A massive police search ensued and ended four days after the murder when several men, including Grey were arrested in a swoop on Ladywood. Grey was arrested at his home in Cannon Hill Road, Edgbaston where he was seen outside reaching into a dustbin attempting to retrieve bullets from it. He appeared before magistrates the following day accused of stealing a pistol and ammunition from the room of 60 year old Hamilton Bacchus, in Handsworth. He admitted stealing the gun but denied using it. He was picked out in an identification parade by Cecelia Gibbs and charged with Thomas’ murder the following day.
Grey was tried at Birmingham Assizes, before Mr. Justice Paull, on the 10th to the 12th of October 1962. Grey pleaded not guilty. He claimed that he had sold the gun before the murder and also that he had an alibi. He had been with his father and a lady called Phyllis Shields. They agreed that they had all been for a drink together but could not confirm the exact time. The jury took just 15 minutes to convict Grey. His appeal was dismissed on October the 29th.
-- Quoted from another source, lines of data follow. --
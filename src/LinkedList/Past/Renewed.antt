-- ===== src/LinkedList/Past/Renewed.antt =====
-- The past of a list after `insert` of a key that it holds.
use uruv.Common.{
  ℕ, suc, ◌+◌, ◌≤◌, ◌<◌, ◌^◌, ◌≡◌, ◌≢◌, refl, ◌∙◌, arith, Option, none, true, false, leb,
  ℕ_discrete, ◌==◌, ==_refl, ≢→==, List, [], ◌∷◌,
}
use uruv.Common.Arrays.{update}
use uruv.Marks.{is_marked}
use uruv.Store.{Store, is_object, is_object-parts, parts-is_object}
use uruv.LinkedList.Stamps.{latest, stamp, Timed}
use uruv.LinkedList.Chains.{Versioned}
use uruv.LinkedList.Update.{with_version}
use uruv.LinkedList.Snapshot.{History, value_at, newest, Histories, snapshot}
use uruv.LinkedList.Kept.{Kept, kept-History, kept-value_at, item, Same, Same-snapshot}
use uruv.LinkedList.Past.{unmarked}

-- An object of the store is not the next free one.
pub not_top : (s : Store) (a : ℕ) → is_object a s ≡ true → (a == s.top) ≡ false
not_top s a ok =
    let (_, small, _) = is_object-parts a s ok in ≢→== a s.top (λ e. absurd (omega arith))

module _ (s : Store) (value r : ℕ) (f : ℕ → Option ℕ) (room : 0 < s.top)
    (bound : s.top + 4 ≤ 2 ^ 64) (even : is_marked s.top ≡ 0)
    (timed : Timed (latest s) (update s.ts s.top none) f) (behind_set : f (s.vhead r) ≢ none)
    (older : ℕ → List ℕ) (m : ℕ) where
  abbrev t : Store
  t = record (with_version s r value) { ts = f }

  renewed-Kept : Kept s t
  renewed-Kept = record {
    objects = λ a ok.
        let (big, small, free) = is_object-parts a s ok in
        parts-is_object a t big (omega arith) free;
    keys = λ a ok. refl;
    values = λ a ok. rw (not_top s a ok) refl;
    nextvs = λ a ok. rw (not_top s a ok) refl;
    stamps = λ a ok. let (e, _) = timed a in rw (not_top s a ok) at e;
    set = λ a ok. let (_, kept) = timed a in rw (not_top s a ok) at kept;
  }

  abbrev pub newer : ℕ → List ℕ
  newer = update older r (s.vhead r ∷ older r)

  new_object : is_object s.top t ≡ true
  new_object = parts-is_object s.top t room (omega arith) even

  small : s.top ≤ 2 ^ 64
  small = omega arith

  -- The newest versions.
  newest_same : (b : ℕ) → b ≢ r → newest t b ≡ newest s b
  newest_same b ne = rw (≢→== b r ne) refl

  newest_new : newest t r ≡ s.top
  newest_new = rw (==_refl r) (unmarked t s.top (omega arith) new_object)

  module _ (ok_v : is_object (s.vhead r) s ≡ true)
      (history : History s (newest s r) (older r)) where
    old_head : newest s r ≡ s.vhead r
    old_head = unmarked s (s.vhead r) small ok_v

    behind-History : History s (s.vhead r) (older r)
    behind-History = rw old_head at history

    newest-History : History t (newest t r) (newer r)
    newest-History =
        rw (newest_new, ==_refl r)
          (
            new_object,
            rw (==_refl s.top) refl,
            behind_set,
            kept-History s t renewed-Kept (s.vhead r) (older r) behind-History,
          )

    renewed-value_at :
        (ts : ℕ)
        → ts < latest s
        → value_at t ts (newest t r) (newer r) ≡ value_at s ts (newest s r) (older r)
    renewed-value_at ts before =
        let now : stamp (latest s) (f s.top) ≡ latest s =
          (timed s.top).0 ∙ rw (==_refl s.top) refl in
        let hidden : leb (stamp (latest s) (f s.top)) ts ≡ false = ground arith in
        rw (newest_new, ==_refl r, old_head)
          (rw hidden (kept-value_at s t renewed-Kept ts (s.vhead r) (older r) behind-History))

  renewed-item :
      (ts low high b : ℕ)
      → ts < latest s
      → is_object (s.vhead b) s ≡ true
      → History s (newest s b) (older b)
      → item t newer ts low high b ≡ item s older ts low high b
  renewed-item ts low high b before ok_v history = elim (ℕ_discrete b r) [
    | yes same ↦
        rw same (rw (renewed-value_at (rw same at ok_v) (rw same at history) ts before) refl)
    | no other ↦
        rw
          (
            newest_same b other,
            ≢→== b r other,
            kept-value_at s t renewed-Kept ts (newest s b) (older b) history,
          )
          refl
  ]

  renewed-Same :
      (ts low high : ℕ) (nodes : List ℕ)
      → ts < latest s
      → Versioned s nodes
      → Histories s older m nodes
      → Same s t older newer ts low high nodes
  renewed-Same ts low high [] before versions histories = tt
  renewed-Same ts low high (b ∷ nodes) before (ok_v, versions) (history, few, histories) = (
    renewed-item ts low high b before ok_v history,
    renewed-Same ts low high nodes before versions histories,
  )

  pub renewed-snapshot :
      (ts low high : ℕ) (nodes : List ℕ)
      → ts < latest s
      → Versioned s nodes
      → Histories s older m nodes
      → snapshot t newer ts low high nodes ≡ snapshot s older ts low high nodes
  renewed-snapshot ts low high nodes before versions histories =
      Same-snapshot s t older newer ts low high nodes
        (renewed-Same ts low high nodes before versions histories)

  pub renewed-Histories :
      (nodes : List ℕ)
      → Versioned s nodes
      → Histories s older m nodes
      → Histories t newer (suc m) nodes
  renewed-Histories [] versions histories = tt
  renewed-Histories (b ∷ nodes) (ok_v, versions) (history, few, histories) =
      let rest = renewed-Histories nodes versions histories in
      elim (ℕ_discrete b r) [
        | yes same ↦ rw same (
          newest-History (rw same at ok_v) (rw same at history),
          rw (==_refl r) (let few' = rw same at few in omega arith),
          rest,
        )
        | no other ↦ (
          rw (newest_same b other, ≢→== b r other)
              (kept-History s t renewed-Kept (newest s b) (older b) history),
          rw (≢→== b r other) (omega arith),
          rest,
        )
      ]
Christopher Simcox, a 55 year old double-murderer, would have been the last man to be hanged here.  He was scheduled for execution on Tuesday the 17th of March 1964, but was reprieved on the grounds that the injuries he had inflicted upon himself after the murders made it impossible to hang him humanely.  He had murdered his second wife in 1948 and had received the death sentence.  He was reprieved as were all prisoners at this time, when the death penalty was temporarily suspended and served ten years in prison.  On the 11th of November 1963, he shot his third wife, Ruby, who survived, her sister, Hilda Payton who sadly died and her husband who also survived.  He then turned the gun on himself.  Simcox died in 1981.

Winson Green also held Fred West who was charged together with his wife, Rosemary, with the murders of 12 people found buried in the garden of his home in Gloucestershire.  Fred West was found hanged in his cell where he was awaiting trial in 1995.

HMP Prison Birmingham remains in use today.